TASK GOAL: Lines containing the word "ground" are to be copied from the data below.

───── DATA FOR REVIEW ─────

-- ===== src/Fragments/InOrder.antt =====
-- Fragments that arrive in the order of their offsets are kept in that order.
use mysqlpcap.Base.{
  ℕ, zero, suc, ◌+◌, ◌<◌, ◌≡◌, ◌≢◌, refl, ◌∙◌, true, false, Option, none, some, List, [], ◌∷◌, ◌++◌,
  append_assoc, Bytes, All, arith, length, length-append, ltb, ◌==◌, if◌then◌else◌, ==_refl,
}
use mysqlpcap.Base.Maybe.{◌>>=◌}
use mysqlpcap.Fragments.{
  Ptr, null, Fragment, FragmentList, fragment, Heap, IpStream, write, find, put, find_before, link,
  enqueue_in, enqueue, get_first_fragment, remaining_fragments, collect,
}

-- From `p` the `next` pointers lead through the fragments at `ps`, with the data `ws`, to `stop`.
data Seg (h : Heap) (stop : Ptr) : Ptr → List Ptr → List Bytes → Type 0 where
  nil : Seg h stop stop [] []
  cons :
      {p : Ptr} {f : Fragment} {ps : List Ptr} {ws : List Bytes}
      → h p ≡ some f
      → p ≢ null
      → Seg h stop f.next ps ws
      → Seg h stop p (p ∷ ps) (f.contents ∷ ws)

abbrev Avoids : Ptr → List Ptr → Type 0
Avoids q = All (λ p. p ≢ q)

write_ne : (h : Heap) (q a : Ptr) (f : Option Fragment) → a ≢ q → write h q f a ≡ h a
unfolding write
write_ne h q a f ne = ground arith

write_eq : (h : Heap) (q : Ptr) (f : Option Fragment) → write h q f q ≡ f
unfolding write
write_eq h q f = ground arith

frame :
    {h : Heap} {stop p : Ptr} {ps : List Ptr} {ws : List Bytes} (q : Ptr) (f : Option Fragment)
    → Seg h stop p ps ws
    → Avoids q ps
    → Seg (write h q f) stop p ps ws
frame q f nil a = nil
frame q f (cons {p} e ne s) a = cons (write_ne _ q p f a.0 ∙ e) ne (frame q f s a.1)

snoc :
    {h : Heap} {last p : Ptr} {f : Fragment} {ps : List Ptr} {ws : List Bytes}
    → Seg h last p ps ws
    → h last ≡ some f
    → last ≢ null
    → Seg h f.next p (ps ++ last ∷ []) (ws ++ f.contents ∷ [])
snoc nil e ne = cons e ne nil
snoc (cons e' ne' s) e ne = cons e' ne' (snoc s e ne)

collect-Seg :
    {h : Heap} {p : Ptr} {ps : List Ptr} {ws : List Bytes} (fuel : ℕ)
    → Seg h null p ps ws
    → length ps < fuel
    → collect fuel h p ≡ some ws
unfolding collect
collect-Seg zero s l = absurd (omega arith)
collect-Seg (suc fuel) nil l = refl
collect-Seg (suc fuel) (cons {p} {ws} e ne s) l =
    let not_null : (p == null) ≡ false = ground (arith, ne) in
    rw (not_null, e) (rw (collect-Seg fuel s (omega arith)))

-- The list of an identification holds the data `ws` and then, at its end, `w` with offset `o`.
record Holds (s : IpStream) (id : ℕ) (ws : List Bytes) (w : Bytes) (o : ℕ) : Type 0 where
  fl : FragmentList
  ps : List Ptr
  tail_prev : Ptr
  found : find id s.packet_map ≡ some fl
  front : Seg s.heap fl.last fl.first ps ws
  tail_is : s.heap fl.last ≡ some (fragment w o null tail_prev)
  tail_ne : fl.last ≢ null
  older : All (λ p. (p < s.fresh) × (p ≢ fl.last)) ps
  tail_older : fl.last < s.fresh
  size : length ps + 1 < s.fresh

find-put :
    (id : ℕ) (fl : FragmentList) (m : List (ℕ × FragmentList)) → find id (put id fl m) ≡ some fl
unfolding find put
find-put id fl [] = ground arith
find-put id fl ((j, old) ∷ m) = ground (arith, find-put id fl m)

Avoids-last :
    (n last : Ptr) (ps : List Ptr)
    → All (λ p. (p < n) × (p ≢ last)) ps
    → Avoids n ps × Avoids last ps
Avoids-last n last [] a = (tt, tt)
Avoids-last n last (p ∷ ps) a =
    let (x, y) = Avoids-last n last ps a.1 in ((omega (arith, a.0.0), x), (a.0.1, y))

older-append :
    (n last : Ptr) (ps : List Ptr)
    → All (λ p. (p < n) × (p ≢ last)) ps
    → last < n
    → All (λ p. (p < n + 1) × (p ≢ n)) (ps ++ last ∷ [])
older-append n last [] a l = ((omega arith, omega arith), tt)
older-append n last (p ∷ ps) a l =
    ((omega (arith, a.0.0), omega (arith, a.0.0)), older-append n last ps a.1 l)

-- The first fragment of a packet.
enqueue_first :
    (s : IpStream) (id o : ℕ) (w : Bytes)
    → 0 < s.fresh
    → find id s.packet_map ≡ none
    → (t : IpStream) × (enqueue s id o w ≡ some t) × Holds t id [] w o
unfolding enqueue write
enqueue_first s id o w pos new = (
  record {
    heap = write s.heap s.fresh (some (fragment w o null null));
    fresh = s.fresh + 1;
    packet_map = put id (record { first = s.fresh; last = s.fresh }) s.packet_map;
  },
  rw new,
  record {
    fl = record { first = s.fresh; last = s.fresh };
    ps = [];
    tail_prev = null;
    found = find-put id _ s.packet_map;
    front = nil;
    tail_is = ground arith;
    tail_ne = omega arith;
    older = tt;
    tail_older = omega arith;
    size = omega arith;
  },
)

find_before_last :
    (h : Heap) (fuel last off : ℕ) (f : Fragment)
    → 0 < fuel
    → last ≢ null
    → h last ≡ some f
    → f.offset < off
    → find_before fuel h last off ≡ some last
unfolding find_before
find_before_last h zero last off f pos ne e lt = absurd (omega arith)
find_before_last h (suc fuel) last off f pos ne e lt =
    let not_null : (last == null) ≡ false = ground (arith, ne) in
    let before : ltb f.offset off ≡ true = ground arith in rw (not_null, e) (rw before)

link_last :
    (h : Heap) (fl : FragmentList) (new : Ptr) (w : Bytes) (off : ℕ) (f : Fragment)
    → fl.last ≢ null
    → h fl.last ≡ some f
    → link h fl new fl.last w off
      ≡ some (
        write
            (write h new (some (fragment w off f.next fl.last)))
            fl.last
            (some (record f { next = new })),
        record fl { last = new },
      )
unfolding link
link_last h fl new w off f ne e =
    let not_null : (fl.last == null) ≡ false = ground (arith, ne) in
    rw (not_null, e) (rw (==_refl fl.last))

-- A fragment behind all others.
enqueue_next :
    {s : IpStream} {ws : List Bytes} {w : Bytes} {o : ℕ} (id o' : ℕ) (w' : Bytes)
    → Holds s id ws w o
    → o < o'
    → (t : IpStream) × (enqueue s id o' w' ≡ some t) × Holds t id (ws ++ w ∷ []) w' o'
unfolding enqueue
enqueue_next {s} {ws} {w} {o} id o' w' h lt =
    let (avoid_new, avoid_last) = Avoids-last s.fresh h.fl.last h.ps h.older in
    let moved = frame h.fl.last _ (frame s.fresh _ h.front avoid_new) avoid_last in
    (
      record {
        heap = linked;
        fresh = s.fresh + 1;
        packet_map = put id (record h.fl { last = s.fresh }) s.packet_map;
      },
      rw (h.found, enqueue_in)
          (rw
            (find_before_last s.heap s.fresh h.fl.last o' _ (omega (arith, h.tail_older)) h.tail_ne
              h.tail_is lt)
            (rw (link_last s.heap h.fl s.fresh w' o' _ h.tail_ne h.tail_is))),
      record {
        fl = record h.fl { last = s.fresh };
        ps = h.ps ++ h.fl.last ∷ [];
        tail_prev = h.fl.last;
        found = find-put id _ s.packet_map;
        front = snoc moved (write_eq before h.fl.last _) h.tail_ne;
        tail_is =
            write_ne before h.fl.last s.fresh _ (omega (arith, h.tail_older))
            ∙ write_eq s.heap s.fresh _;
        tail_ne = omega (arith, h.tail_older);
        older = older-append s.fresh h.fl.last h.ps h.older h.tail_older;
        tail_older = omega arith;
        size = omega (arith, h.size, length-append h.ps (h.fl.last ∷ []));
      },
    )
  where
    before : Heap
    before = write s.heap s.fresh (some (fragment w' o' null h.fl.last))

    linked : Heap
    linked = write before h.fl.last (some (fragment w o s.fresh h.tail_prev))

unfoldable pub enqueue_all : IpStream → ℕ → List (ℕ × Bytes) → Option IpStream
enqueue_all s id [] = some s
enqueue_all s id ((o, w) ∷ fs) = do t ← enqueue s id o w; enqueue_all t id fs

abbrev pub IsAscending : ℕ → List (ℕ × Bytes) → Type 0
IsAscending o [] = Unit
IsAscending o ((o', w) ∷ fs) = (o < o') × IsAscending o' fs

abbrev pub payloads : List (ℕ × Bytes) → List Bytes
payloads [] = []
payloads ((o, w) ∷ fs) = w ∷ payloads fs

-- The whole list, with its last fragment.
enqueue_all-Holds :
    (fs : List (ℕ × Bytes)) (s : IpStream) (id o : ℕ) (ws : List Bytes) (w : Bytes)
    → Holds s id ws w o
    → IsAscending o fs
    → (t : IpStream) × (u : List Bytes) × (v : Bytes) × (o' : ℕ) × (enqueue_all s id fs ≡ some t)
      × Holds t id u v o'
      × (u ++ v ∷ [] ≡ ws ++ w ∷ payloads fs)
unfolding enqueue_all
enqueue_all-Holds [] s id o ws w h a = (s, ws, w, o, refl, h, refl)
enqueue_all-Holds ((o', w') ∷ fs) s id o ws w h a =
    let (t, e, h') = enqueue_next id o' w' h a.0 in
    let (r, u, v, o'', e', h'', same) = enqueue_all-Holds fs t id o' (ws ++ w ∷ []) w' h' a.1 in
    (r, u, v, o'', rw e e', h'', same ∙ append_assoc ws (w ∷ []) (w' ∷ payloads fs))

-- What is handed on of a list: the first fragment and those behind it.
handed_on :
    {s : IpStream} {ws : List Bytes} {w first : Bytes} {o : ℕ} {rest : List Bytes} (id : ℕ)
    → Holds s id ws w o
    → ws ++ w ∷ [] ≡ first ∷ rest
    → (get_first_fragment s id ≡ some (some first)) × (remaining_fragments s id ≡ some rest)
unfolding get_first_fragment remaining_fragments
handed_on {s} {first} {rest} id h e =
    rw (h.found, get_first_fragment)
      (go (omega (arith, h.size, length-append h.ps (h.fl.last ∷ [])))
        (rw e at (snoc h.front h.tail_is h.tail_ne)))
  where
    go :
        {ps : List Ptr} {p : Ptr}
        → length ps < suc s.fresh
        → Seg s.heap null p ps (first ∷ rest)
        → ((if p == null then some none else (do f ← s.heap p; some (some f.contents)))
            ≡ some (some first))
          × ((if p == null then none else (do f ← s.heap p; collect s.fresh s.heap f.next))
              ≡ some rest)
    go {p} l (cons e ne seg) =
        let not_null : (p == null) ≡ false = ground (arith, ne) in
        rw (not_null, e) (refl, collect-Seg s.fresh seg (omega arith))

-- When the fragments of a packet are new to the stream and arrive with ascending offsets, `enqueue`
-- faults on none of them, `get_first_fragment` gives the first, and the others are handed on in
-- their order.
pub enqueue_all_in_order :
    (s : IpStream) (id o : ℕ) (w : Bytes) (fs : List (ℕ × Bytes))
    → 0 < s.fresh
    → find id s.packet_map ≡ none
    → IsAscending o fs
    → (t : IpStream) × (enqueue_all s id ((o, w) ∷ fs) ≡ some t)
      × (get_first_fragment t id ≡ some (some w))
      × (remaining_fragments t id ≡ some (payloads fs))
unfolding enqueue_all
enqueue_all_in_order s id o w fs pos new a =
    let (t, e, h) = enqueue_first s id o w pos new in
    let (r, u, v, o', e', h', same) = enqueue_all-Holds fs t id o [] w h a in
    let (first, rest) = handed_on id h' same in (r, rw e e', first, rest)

─────

EXERCISE SOLUTION:
write_ne h q a f ne = ground arith
write_eq h q f = ground arith
    let not_null : (p == null) ≡ false = ground (arith, ne) in
find-put id fl [] = ground arith
find-put id fl ((j, old) ∷ m) = ground (arith, find-put id fl m)
    tail_is = ground arith;
    let not_null : (last == null) ≡ false = ground (arith, ne) in
    let before : ltb f.offset off ≡ true = ground arith in rw (not_null, e) (rw before)
    let not_null : (fl.last == null) ≡ false = ground (arith, ne) in
        let not_null : (p == null) ≡ false = ground (arith, ne) in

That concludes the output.